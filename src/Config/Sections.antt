-- ===== src/Config/Sections.antt =====
-- From the sections of a configuration file to the configuration: the fields that may be absent, their
-- defaults and the texts of durations in src/config.rs. A section is what the YAML reader finds, `none`
-- where a field is absent; a field that must be there and is not is an error of the reader.
pub mod Written
use poolbeg.Prelude.{
  ℕ, ◌*◌, Bool, false, List, [], ◌∷◌, ◌>>=◌, Option, none, some, String, unwrap_or, map,
}
use poolbeg.Config.{
  Config, ServerConfig, AuthConfig, MetricsConfig, CacheConfig, RedisConfig, ChainConfig,
  UpstreamConfig, CachePolicy, Finality, any, UpstreamRole, primary, UpstreamStrategy, round_robin,
}
use poolbeg.Config.Duration.{from_secs, parse_duration_string, deserialize_ttl}

abbrev pub default_address : String
default_address = "0.0.0.0"

abbrev pub default_port : ℕ
default_port = 8080

abbrev pub default_metrics_port : ℕ
default_metrics_port = 9090

abbrev pub default_metrics_path : String
default_metrics_path = "/metrics"

abbrev pub default_redis_url : String
default_redis_url = "redis://localhost:6379"

abbrev pub default_pool_size : ℕ
default_pool_size = 16

abbrev pub default_finality : Finality
default_finality = any

abbrev pub default_finality_depth : ℕ
default_finality_depth = 64

abbrev pub default_role : UpstreamRole
default_role = primary

abbrev pub default_disabled_retry_interval : ℕ
default_disabled_retry_interval = from_secs (24 * 3600)

abbrev pub default_max_rps : ℕ
default_max_rps = 100

abbrev pub default_server_max_rps : ℕ
default_server_max_rps = 1000

abbrev pub default_max_body_size : ℕ
default_max_body_size = 1048576

abbrev pub default_max_batch_size : ℕ
default_max_batch_size = 100

abbrev pub default_max_ws_connections : ℕ
default_max_ws_connections = 1024

abbrev pub default_blocked_methods : List String
default_blocked_methods = "admin_" ∷ "debug_" ∷ "personal_" ∷ "miner_" ∷ "txpool_" ∷ []

pub record AuthSection : Type 0 where
  pub enabled : Option Bool
  pub api_keys : Option (List String)

pub record MetricsSection : Type 0 where
  pub address : Option String
  pub port : Option ℕ
  pub path : Option String

pub record RedisSection : Type 0 where
  pub url : Option String
  pub pool_size : Option ℕ
  pub db : Option ℕ

pub record ServerSection : Type 0 where
  pub address : Option String
  pub port : Option ℕ
  pub metrics : Option MetricsSection
  pub auth : Option AuthSection
  pub max_rps : Option ℕ
  pub max_body_size : Option ℕ
  pub max_batch_size : Option ℕ
  pub max_ws_connections : Option ℕ
  pub blocked_methods : Option (List String)
  pub debug_client : Option Bool
  pub debug_upstream : Option Bool

pub record PolicySection : Type 0 where
  pub methods : List String
  pub finality : Option Finality
  pub ttl : String

pub record UpstreamSection : Type 0 where
  pub id : String
  pub role : Option UpstreamRole
  pub http_url : String
  pub ws_url : Option String
  pub max_rps : Option ℕ

pub record ChainSection : Type 0 where
  pub name : String
  pub chain_id : ℕ
  pub expected_block_time : String
  pub finality_depth : Option ℕ
  pub route : String
  pub auto_public : Option Bool
  pub strategy : Option UpstreamStrategy
  pub disabled_retry_interval : Option String
  pub upstreams : Option (List UpstreamSection)

pub record CacheSection : Type 0 where
  pub redis : RedisSection
  pub policies : Option (List PolicySection)

pub record ConfigSection : Type 0 where
  pub server : ServerSection
  pub cache : CacheSection
  pub chains : List ChainSection

-- All of a list, or the first error.
unfoldable pub each {ℓ κ} : {A : Type ℓ} {B : Type κ} → (A → Option B) → List A → Option (List B)
each f [] = some []
each f (x ∷ xs) = do y ← f x; ys ← each f xs; some (y ∷ ys)

unfoldable pub read_auth : Option AuthSection → AuthConfig
read_auth none = record { enabled = false; api_keys = [] }
read_auth (some a) = record {
  enabled = unwrap_or a.enabled false;
  api_keys = unwrap_or a.api_keys [];
}

-- `MetricsConfig::default` where the section is absent.
unfoldable pub read_metrics : Option MetricsSection → MetricsConfig
read_metrics none = record {
  address = default_address;
  port = default_metrics_port;
  path = default_metrics_path;
}
read_metrics (some m) = record {
  address = unwrap_or m.address default_address;
  port = unwrap_or m.port default_metrics_port;
  path = unwrap_or m.path default_metrics_path;
}

unfoldable pub read_redis : RedisSection → RedisConfig
read_redis r = record {
  url = unwrap_or r.url default_redis_url;
  pool_size = unwrap_or r.pool_size default_pool_size;
  db = unwrap_or r.db 0;
}

unfoldable pub read_server : ServerSection → ServerConfig
read_server s = record {
  address = unwrap_or s.address default_address;
  port = unwrap_or s.port default_port;
  metrics = read_metrics s.metrics;
  auth = read_auth s.auth;
  max_rps = unwrap_or s.max_rps default_server_max_rps;
  max_body_size = unwrap_or s.max_body_size default_max_body_size;
  max_batch_size = unwrap_or s.max_batch_size default_max_batch_size;
  max_ws_connections = unwrap_or s.max_ws_connections default_max_ws_connections;
  blocked_methods = unwrap_or s.blocked_methods default_blocked_methods;
  debug_client = unwrap_or s.debug_client false;
  debug_upstream = unwrap_or s.debug_upstream false;
}

unfoldable pub read_policy : PolicySection → Option CachePolicy
read_policy p = do
  ttl ← deserialize_ttl p.ttl
  some (record { methods = p.methods; finality = unwrap_or p.finality default_finality; ttl = ttl })

unfoldable pub read_upstream : UpstreamSection → UpstreamConfig
read_upstream u = record {
  id = u.id;
  role = unwrap_or u.role default_role;
  http_url = u.http_url;
  ws_url = u.ws_url;
  max_rps = unwrap_or u.max_rps default_max_rps;
}

-- `deserialize_duration`, and the default of a field that has one.
unfoldable pub read_interval : Option String → Option ℕ
read_interval none = some default_disabled_retry_interval
read_interval (some text) = parse_duration_string text

unfoldable pub read_chain : ChainSection → Option ChainConfig
read_chain c = do
  block_time ← parse_duration_string c.expected_block_time
  interval ← read_interval c.disabled_retry_interval
  some (record {
    name = c.name;
    chain_id = c.chain_id;
    expected_block_time = block_time;
    finality_depth = unwrap_or c.finality_depth default_finality_depth;
    route = c.route;
    auto_public = unwrap_or c.auto_public false;
    strategy = unwrap_or c.strategy round_robin;
    disabled_retry_interval = interval;
    upstreams = map read_upstream (unwrap_or c.upstreams []);
  })

unfoldable pub read_cache : CacheSection → Option CacheConfig
read_cache c = do
  policies ← each read_policy (unwrap_or c.policies [])
  some (record { redis = read_redis c.redis; policies = policies })

unfoldable pub read_config : ConfigSection → Option Config
read_config s = do
  cache ← read_cache s.cache
  chains ← each read_chain s.chains
  some (record { server = read_server s.server; cache = cache; chains = chains })

-- Reading the text of a file, where `yaml` is the reader.
unfoldable pub from_str : (String → Option ConfigSection) → String → Option Config
from_str yaml text = yaml text >>= read_config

> **WHAT YOU SHOULD DO**:
Word for word, restate the lines of the data above that fall between the line holding "pub pool_size : Option ℕ" and the line holding "-- All of a list, or the first error.", inclusive, and no other lines.

> **FINAL ANSWER**:
  pub pool_size : Option ℕ
  pub db : Option ℕ

pub record ServerSection : Type 0 where
  pub address : Option String
  pub port : Option ℕ
  pub metrics : Option MetricsSection
  pub auth : Option AuthSection
  pub max_rps : Option ℕ
  pub max_body_size : Option ℕ
  pub max_batch_size : Option ℕ
  pub max_ws_connections : Option ℕ
  pub blocked_methods : Option (List String)
  pub debug_client : Option Bool
  pub debug_upstream : Option Bool

pub record PolicySection : Type 0 where
  pub methods : List String
  pub finality : Option Finality
  pub ttl : String

pub record UpstreamSection : Type 0 where
  pub id : String
  pub role : Option UpstreamRole
  pub http_url : String
  pub ws_url : Option String
  pub max_rps : Option ℕ

pub record ChainSection : Type 0 where
  pub name : String
  pub chain_id : ℕ
  pub expected_block_time : String
  pub finality_depth : Option ℕ
  pub route : String
  pub auto_public : Option Bool
  pub strategy : Option UpstreamStrategy
  pub disabled_retry_interval : Option String
  pub upstreams : Option (List UpstreamSection)

pub record CacheSection : Type 0 where
  pub redis : RedisSection
  pub policies : Option (List PolicySection)

pub record ConfigSection : Type 0 where
  pub server : ServerSection
  pub cache : CacheSection
  pub chains : List ChainSection

-- All of a list, or the first error.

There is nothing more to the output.